A noção de ancestralidade é muito preciosa para os indígenas. Não somos ninguém, nem nada, sem nossos ancestrais. O direito que têm às suas terras vai muito além de uma herança material, não é apenas o lugar de sua morada, do qual tiram seu sustento. O território é parte deles e de sua identidade, porque lá estão enterrados seus ancestrais. E lá, seus ancestrais ainda vivem.

No Candomblé, é a ancestralidade que identifica os filhos de santo com seus Orixás. Oxóssi, o caçador, o rei da mata, é meu ancestral, como o é de meu avô.  E vovô  é Oxóssi, assim como eu sou. Talvez por isso me sentisse e me desse tão bem com vó Zélia.

Memória atávica

No livro O clã do urso da caverna (The clan of the cave bear), a autora, Jean M. Auel, tendo feito uma pesquisa científica extensa sobre o tema, muito louvada pelos especialistas, conta a estória de uma menina Cro-Magnon (Homo sapiens, como nós) criada por um grupo de Neanderthais.

O ritual mais importante e secreto do clã Neanderthal é o transe induzido por uma beberagem, que proporciona a regressão paulatina na história evolutiva, até o estágio de uma única célula. Dessa maneira, na fantasia de Auel, experimentavam uma plenitude existencial, terrível e maravilhosa, e assim aprendiam, de forma atávica, sobre a vida.

Os Cro-Magnons talvez pudessem ter a mesma experiência, já que Ayla, a protagonista, precisando preparar a bebida, cuja receita aprendeu com sua mãe de criação, a curandeira do clã, acaba tomando um pouco e realizando, assustada, a viagem. Quem sabe também somos capazes de encontrar essa memória de mundo dentro de nós e só nos falta descobrir como?

Generosidade

Ela me viu nascer e nosso amor é para sempre. Quando chegamos em casa, depois do longo e exaustivo velório de vovô — meu marido e eu ficamos com ela aquela noite —, sentou-se na poltrona que era a dele. Perguntei se podia lhe massagear os pés, disse que sim. Esse gesto de se deixar ser cuidada, sem orgulho nem pudor, foi para mim de uma generosidade tocante, por compartilhar a intimidade daquela imensa dor.

Passado e presente

Queria não ter ouvido, tantas vezes, nos últimos meses, que “só morrem os velhos”. Vovó me faz tanta falta! Mas, por outro lado, é uma presença constante, porque sou como a terra em que estão enterrados seus ossos, ela vive em mim.

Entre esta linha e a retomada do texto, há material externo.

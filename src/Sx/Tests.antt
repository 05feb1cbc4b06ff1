-- ===== src/Sx/Tests.antt =====
-- Reader runs on small inputs, and instances of its theorems.
use aipl.Base.{ℕ, ◌≡◌, ◌≢◌, ◌↔◌, refl, [], ◌∷◌, ◌++◌, err, ok, arith}
use aipl.Token.{TokenKind, Token, l_paren, r_paren, l_bracket, r_bracket, symbol, string_lit}
use aipl.Sx.{Sx, atom, list, nil, cons, paren, square, flatten, ends_in_placeholder}
use aipl.Sx.Reader.{
  read, read_one, mismatched, open_placeholder, find_split, read_whole, unexpected_input,
  out_of_fuel,
}
use aipl.Sx.RoundTrip.{IsWell, well_atom, well_list, well_nil, well_cons, read-flatten}
use aipl.Sx.Sound.{Ensures, read_sound, read_one-eq-ok_iff, read_one-ne-out_of_fuel}

abbrev tok : TokenKind → ℕ → Token
tok k c = record { kind = k; line = 1; col = c }

-- `(f [x])`
abbrev form : Sx
form =
    list (tok l_paren 1)
      (cons (atom (tok (symbol "f") 2)) (
        cons (list (tok l_bracket 4) (cons (atom (tok (symbol "x") 5)) nil) (tok r_bracket 6)) nil))
      (tok r_paren 7)

form-IsWell : IsWell form
form-IsWell = well_list paren refl refl (
    well_cons (well_atom refl)
      (well_cons (well_list square refl refl (well_cons (well_atom refl) well_nil)) well_nil))

-- `(]`
mismatch : read_one (tok l_paren 1 ∷ tok r_bracket 2 ∷ []) ≡ err (mismatched (1, 2))
unfolding read_one read_whole read find_split ends_in_placeholder
mismatch = refl

-- `(f "{" x`: the string that ends inside a placeholder is named.
split_string :
    read_one (tok l_paren 1 ∷ tok (string_lit "{") 2 ∷ tok (symbol "x") 6 ∷ [])
    ≡ err (open_placeholder (1, 2))
unfolding read_one read_whole read find_split ends_in_placeholder
split_string = refl

-- `("{")` alone is an ordinary string; the missing bracket is reported.
plain_string :
    read_one (tok l_paren 1 ∷ tok (string_lit "{") 2 ∷ tok r_paren 5 ∷ tok l_paren 6 ∷ [])
    ≡ err (unexpected_input (1, 6))
unfolding read_one read_whole read find_split ends_in_placeholder
plain_string = refl

read-flatten_example : read 20 (flatten form ++ tok r_paren 8 ∷ []) ≡ ok (form, tok r_paren 8 ∷ [])
read-flatten_example =
    read-flatten form 20 (tok r_paren 8 ∷ []) form-IsWell (unfold flatten in omega arith)

read_sound_example :
    Ensures
      (λ (sx, rest). IsWell sx × (tok l_paren 1 ∷ tok r_paren 2 ∷ [] ≡ flatten sx ++ rest))
      (read 5 (tok l_paren 1 ∷ tok r_paren 2 ∷ []))
read_sound_example = read_sound 5 (tok l_paren 1 ∷ tok r_paren 2 ∷ []) (omega arith)

read_one-eq-ok_iff_example :
    (read_one (flatten form) ≡ ok form) ↔ (IsWell form × (flatten form ≡ flatten form))
read_one-eq-ok_iff_example = read_one-eq-ok_iff (flatten form) form

read_one-ne-out_of_fuel_example : read_one (tok l_paren 1 ∷ tok l_bracket 2 ∷ []) ≢ err out_of_fuel
read_one-ne-out_of_fuel_example = read_one-ne-out_of_fuel (tok l_paren 1 ∷ tok l_bracket 2 ∷ [])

Sem ela, sem quem se lembre, é como se nunca tivesse existido a cidade de São Paulo em que uma mulher ia de porta em porta, em plena Alameda Santos, vendendo da ordenha de sua cabra o leite matinal. A nonna era uma memorialista que sempre viveu o presente. Não havia nenhuma melancolia saudosista no que contava. O que havia era o orgulho e a alegria por sua vida vivida.

Mariana Amado Costa é comunicadora, jornalista e trabalha com políticas públicas para o meio ambiente. Gosta de pessoas, plantas, bichos, música e livros.